# WHAT THE EXERCISE ASKS
The following data has a line with "abbrev all_sent : ℕ" and a line with "listening = true;". Write out exactly those lines and all the lines between them.

╔══

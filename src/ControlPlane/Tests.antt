-- ===== src/ControlPlane/Tests.antt =====
-- The control plane at concrete streams, histories and requests.
use chronos_x.Base.{
  ℕ, zero, suc, ◌-◌, ◌==◌, ap, replicate, ◌≤◌, ◌+◌, ◌≡◌, refl, List, [], ◌∷◌, All, arith, true,
  false, none, some, take, drop, length,
}
use chronos_x.Control.Samples.{request, add_request, calls}
use chronos_x.Control.{ping, clear_rules}
use chronos_x.Control.LittleEndian.{rule_layout, stats_layout}
use chronos_x.Control.Requests.{rules_after_all}
use chronos_x.Protocol.Codec.{read_u32_be}
use chronos_x.ControlPlane.{
  ConnectionBuffer, ControlPlaneCore, new_control_plane_core, rules, valid,
}
use chronos_x.ControlPlane.Buffer.{Holds}
use chronos_x.ControlPlane.Messages.{IsMessage, concat}
use chronos_x.ControlPlane.Snapshot.{request_all, request_all_publishes}
use chronos_x.ControlPlane.Server.{
  ControlPlaneServer, InitCalls, new_server, init, default_config, handle_accept, find_slot,
  shutdown,
}
use chronos_x.ControlPlane.Clients.{
  SendResult, Event, events, bytes_read, run, send_all, sent, interrupted, refused,
}
use chronos_x.ControlPlane.Loop.{count_after, serve}
use chronos_x.ControlPlane.Stream.{client_reads, client_reads-serve}
use chronos_x.ControlPlane.Connection.{Connected, served_server, IsRead}
use chronos_x.ControlPlane.Termination.{IsResult, uninterrupted, run_ends}
use chronos_x.ControlPlane.Descriptors.{count, held}
use chronos_x.ControlPlane.History.{
  Operation, inits, runs, shuts, run_operations, no_descriptor_leaks,
}

abbrev core : ControlPlaneCore
core = new_control_plane_core rule_layout stats_layout 128

-- Each reply is sent after an interruption, by a call for all of it and calls that are not needed.
abbrev all_sent : ℕ → List ℕ → List SendResult
all_sent n bytes = interrupted ∷ sent (length bytes) ∷ replicate (length bytes) (sent 1)

all_sent-delivered :
    (n : ℕ) (bytes : List ℕ) → send_all (all_sent n bytes) (length bytes) ≡ some true
unfolding send_all
all_sent-delivered n [] = refl
all_sent-delivered n (x ∷ bytes) =
    rw
      (
        let e : suc (length bytes) - suc (length bytes) ≡ 0 = omega arith in e,
        let e : (suc (length bytes) == 0) ≡ false = ground arith in e,
        send_all,
      )
      refl

all_sent-returns : (n : ℕ) (bytes : List ℕ) → IsResult (send_all (all_sent n bytes) (length bytes))
all_sent-returns n bytes = record { value = true; returned = all_sent-delivered n bytes }

uninterrupted-replicate : (n : ℕ) → uninterrupted (replicate n (sent 1)) ≡ n
unfolding uninterrupted
uninterrupted-replicate zero = refl
uninterrupted-replicate (suc n) = ap suc (uninterrupted-replicate n)

all_sent-enough : (n : ℕ) (bytes : List ℕ) → length bytes ≤ uninterrupted (all_sent n bytes)
unfolding uninterrupted
all_sent-enough n bytes = omega (arith, uninterrupted-replicate (length bytes))

request_all_publishes_example :
    let p =
      request_all rule_layout stats_layout 2
        (new_control_plane_core rule_layout stats_layout 2)
        calls in
    (p.rule_snapshot ≡ rules p) × (p.rule_snapshot ≡ rules_after_all rule_layout 2 calls [])
request_all_publishes_example =
    request_all_publishes rule_layout stats_layout 2 calls
      (omega arith, (omega arith, (omega arith, (omega arith, tt))))

abbrev good_calls : InitCalls
good_calls = record {
  socket = some 3;
  bound = true;
  listening = true;
  epoll = some 4;
  event = some 5;
  listener_added = true;
  event_added = true;
}

abbrev started : ControlPlaneServer
started = (init default_config core good_calls (new_server core)).1

abbrev connected : ControlPlaneServer
connected = handle_accept started (some 7) true

abbrev a_read : Event
a_read = record { fd = 7; client = none; added = false; received = bytes_read (request ping []) }

run_ends_example :
    IsResult (run rule_layout stats_layout 128 all_sent (events (a_read ∷ []) ∷ []) connected)
run_ends_example =
    run_ends rule_layout stats_layout 128 all_sent all_sent-enough (events (a_read ∷ []) ∷ [])
      connected

connected_7 : Connected connected 7 0 []
unfolding init handle_accept find_slot valid
connected_7 = record {
  found = refl;
  counted = omega arith;
  stored = omega arith;
  size = refl;
  holds = record { bounded = omega arith; clean = refl; content = refl };
}

abbrev messages : List (List ℕ)
messages = request ping [] ∷ add_request ∷ request clear_rules [] ∷ []

-- The stream in reads of 30, 50 and 32 bytes, none of which ends with a message.
abbrev stream : List ℕ
stream = concat messages

abbrev reads : List (List ℕ)
reads = take 30 stream ∷ take 50 (drop 30 stream) ∷ drop 80 stream ∷ []

are_messages : All IsMessage messages
unfolding request add_request rule_layout read_u32_be
are_messages = (
  record { header = omega arith; whole = refl; small = omega arith },
  (
    record { header = omega arith; whole = refl; small = omega arith },
    (record { header = omega arith; whole = refl; small = omega arith }, tt),
  ),
)

are_reads : All IsRead reads
unfolding request add_request rule_layout
are_reads = (omega arith, (omega arith, (omega arith, tt)))

same_stream : concat reads ≡ concat messages
unfolding request add_request rule_layout
same_stream = refl

client_reads-serve_example :
    (b : ConnectionBuffer) × (client_reads rule_layout stats_layout 128 all_sent all_sent-delivered
        reads connected 7
      ≡ some (
          served_server connected 0 b
            (serve rule_layout stats_layout 128 connected.core messages)
            (count_after 3 connected.messages_handled)))
    × Holds b []
    × (length b.buffer ≡ 8192)
client_reads-serve_example =
    client_reads-serve rule_layout stats_layout 128 all_sent all_sent-delivered reads messages
      connected 7 0 connected_7 are_messages are_reads same_stream

-- A client connects, sends a request and goes on; the server is shut down and started again.
abbrev operations : List Operation
operations =
    inits default_config core good_calls
    ∷ runs (events (record a_read { fd = 3; client = some 7; added = true } ∷ a_read ∷ []))
    ∷ shuts
    ∷ inits default_config core (record good_calls { listening = false })
    ∷ []

no_descriptor_leaks_example :
    (s : ControlPlaneServer) × (run_operations rule_layout stats_layout 128 all_sent operations
        (new_server core)
      ≡ some s)
    × (((d : ℕ) → count d s.opened ≡ count d s.closed + held d s)
        × ((d : ℕ) → count d (shutdown s).opened ≡ count d (shutdown s).closed))
no_descriptor_leaks_example =
    no_descriptor_leaks rule_layout stats_layout 128 all_sent all_sent-returns operations core

sent_in_parts : send_all (sent 10 ∷ interrupted ∷ sent 14 ∷ []) 24 ≡ some true
unfolding send_all
sent_in_parts = refl

sent_in_part : send_all (sent 10 ∷ refused ∷ []) 24 ≡ some false
unfolding send_all
sent_in_part = refl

╚══

# TASK RESULT
abbrev all_sent : ℕ → List ℕ → List SendResult
all_sent n bytes = interrupted ∷ sent (length bytes) ∷ replicate (length bytes) (sent 1)

all_sent-delivered :
    (n : ℕ) (bytes : List ℕ) → send_all (all_sent n bytes) (length bytes) ≡ some true
unfolding send_all
all_sent-delivered n [] = refl
all_sent-delivered n (x ∷ bytes) =
    rw
      (
        let e : suc (length bytes) - suc (length bytes) ≡ 0 = omega arith in e,
        let e : (suc (length bytes) == 0) ≡ false = ground arith in e,
        send_all,
      )
      refl

all_sent-returns : (n : ℕ) (bytes : List ℕ) → IsResult (send_all (all_sent n bytes) (length bytes))
all_sent-returns n bytes = record { value = true; returned = all_sent-delivered n bytes }

uninterrupted-replicate : (n : ℕ) → uninterrupted (replicate n (sent 1)) ≡ n
unfolding uninterrupted
uninterrupted-replicate zero = refl
uninterrupted-replicate (suc n) = ap suc (uninterrupted-replicate n)

all_sent-enough : (n : ℕ) (bytes : List ℕ) → length bytes ≤ uninterrupted (all_sent n bytes)
unfolding uninterrupted
all_sent-enough n bytes = omega (arith, uninterrupted-replicate (length bytes))

request_all_publishes_example :
    let p =
      request_all rule_layout stats_layout 2
        (new_control_plane_core rule_layout stats_layout 2)
        calls in
    (p.rule_snapshot ≡ rules p) × (p.rule_snapshot ≡ rules_after_all rule_layout 2 calls [])
request_all_publishes_example =
    request_all_publishes rule_layout stats_layout 2 calls
      (omega arith, (omega arith, (omega arith, (omega arith, tt))))

abbrev good_calls : InitCalls
good_calls = record {
  socket = some 3;
  bound = true;
  listening = true;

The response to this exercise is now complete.